In order for a trustee to effectively ‘stream’ a capital gain there are a number of rules that must be complied with, as follows:

  • The trust deed must allow for streaming – refer to earlier discussion;
  • the capital gain must be distributed in its character as a capital gain;
  • The resolution must specifically refer to the amount/proportion of the income that is being distributed as a capital gain
  • The distribution purporting to stream the capital gain must be in writing no later than the 31 August after the financial year end 30 June.

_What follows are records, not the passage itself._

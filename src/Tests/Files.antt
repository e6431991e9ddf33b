-- ===== src/Tests/Files.antt =====
-- A table of two files of a disc (src/lib/nintendo.c).
use obmafs.Prelude.{
  ℕ, ◌+◌, ◌<◌, ◌≡◌, ◌⊎◌, ◌↔◌, inl, inr, refl, ◌∙◌, ap, sym, subst, true, some, List, [], ◌∷◌, arith,
  ℕ_discrete,
}
use obmafs.DataMap.{Region, DataMap, ngc_be32, region_of, build_data_map, is_data_region}
use obmafs.DataMap.Build.{FileIn, IsTidy, is_data_region-build_data_map}

-- 16 bytes at 256 and 32 bytes at 512.
abbrev table : List ℕ
table =
    1 ∷ 0 ∷ 0 ∷ 0 ∷ 0 ∷ 0 ∷ 0 ∷ 0 ∷ 0 ∷ 0 ∷ 0 ∷ 3 ∷ 0 ∷ 0 ∷ 0 ∷ 0 ∷ 0 ∷ 0 ∷ 1 ∷ 0 ∷ 0 ∷ 0 ∷ 0 ∷ 16
    ∷ 0 ∷ 0 ∷ 0 ∷ 0 ∷ 0 ∷ 0 ∷ 2 ∷ 0 ∷ 0 ∷ 0 ∷ 0 ∷ 32 ∷ []

three_entries : ngc_be32 table 8 ≡ 3
unfolding ngc_be32
three_entries = refl

abbrev first : Region
first = record { offset = 256; size = 16 }

abbrev second : Region
second = record { offset = 512; size = 32 }

first_file : region_of table 0 0 1 ≡ first
unfolding ngc_be32
first_file = refl

second_file : region_of table 0 0 2 ≡ second
unfolding ngc_be32
second_file = refl

files : (r : Region) → FileIn table 0 0 1 3 r → (r ≡ first) ⊎ (r ≡ second)
files r (i, from, to, file, e) = elim (ℕ_discrete i 1) [
  | yes one ↦ inl (e ∙ ap (region_of table 0 0) one ∙ first_file)
  | no other ↦ let two : i ≡ 2 = omega arith in inr (e ∙ ap (region_of table 0 0) two ∙ second_file)
]

abbrev IsPlain : Region → Type 0
IsPlain r = ((r.offset ≡ 256) × (r.size ≡ 16)) ⊎ ((r.offset ≡ 512) × (r.size ≡ 32))

plain : (r : Region) → FileIn table 0 0 1 3 r → IsPlain r
plain r f = elim (files r f) [
  | inl e ↦ inl (ap (λ (q : Region). q.offset) e, ap (λ (q : Region). q.size) e)
  | inr e ↦ inr (ap (λ (q : Region). q.offset) e, ap (λ (q : Region). q.size) e)
]

table-IsTidy : IsTidy table 0 0 (ngc_be32 table 8)
table-IsTidy =
    subst (λ n. IsTidy table 0 0 n) (sym three_entries)
      (record {
        apart = λ a b in_a in_b lt. ground (arith, plain a in_a, plain b in_b);
        same = λ a b in_a in_b e. ground (arith, plain a in_a, plain b in_b);
        small = λ a in_a. ground (arith, plain a in_a);
      })

is_data_region-build_data_map_example :
    (map : DataMap) × (build_data_map (λ n. true) (some table) 36 0 0 ≡ some map)
    × ((is_data_region map 500 100 ≡ true) ↔ (
        (r : Region) × FileIn table 0 0 1 (ngc_be32 table 8) r
        × (500 < r.offset + r.size)
        × (r.offset < 500 + 100)))
is_data_region-build_data_map_example =
    is_data_region-build_data_map table 0 0 (λ n. true) 36 500 100 (λ n. refl) (omega arith)
      (omega (arith, three_entries)) (omega (arith, three_entries)) table-IsTidy (omega arith)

  • The capital gain is taken to be streamed to a beneficiary to the extent they are entitled to the ‘net financial benefit’ attributable to the capital gain, which is the ‘gross’ capital gain less any capital losses
  • It is only necessary to stream the amount of the gross capital reduced for any capital losses. This rule only applies where the capital loss is offset in the same way for tax purposes;
  • A beneficiary can be streamed a capital gain as income or capital or a combination of both;
  • If the beneficiaries are not made entitled to the entire gross capital gain, a portion of the net (taxable capital gain will be assessed to the other income beneficiaries of the trust;
  • If the capital gain is calculated under the market value substitution rule, all of part of the capital gain will not be capable of being streamed
  • If the net (taxable) capital gain exceeds the net (taxable) income of the trust (due to other losses in the trust), to ensure the entire capital gain is distributed to the beneficiaries, the trustee should not attempt to stream any part of the capital gain;
  • If the capital losses exceed the capital gain, there is no capital gain available for streaming as there will be no net (taxable) capital gain.
  • Net capital gains whether streamed or not) are extracted from the net (taxable) income and are disclosed separately in the Statement of distribution at Label F and in the beneficiary’s return.
  • The beneficiary includes their share of the net (taxable) capital gain in their assessable income after it has been grossed-up as has been reduced by any capital losses and/or the 50% discount and 50% active asset reduction.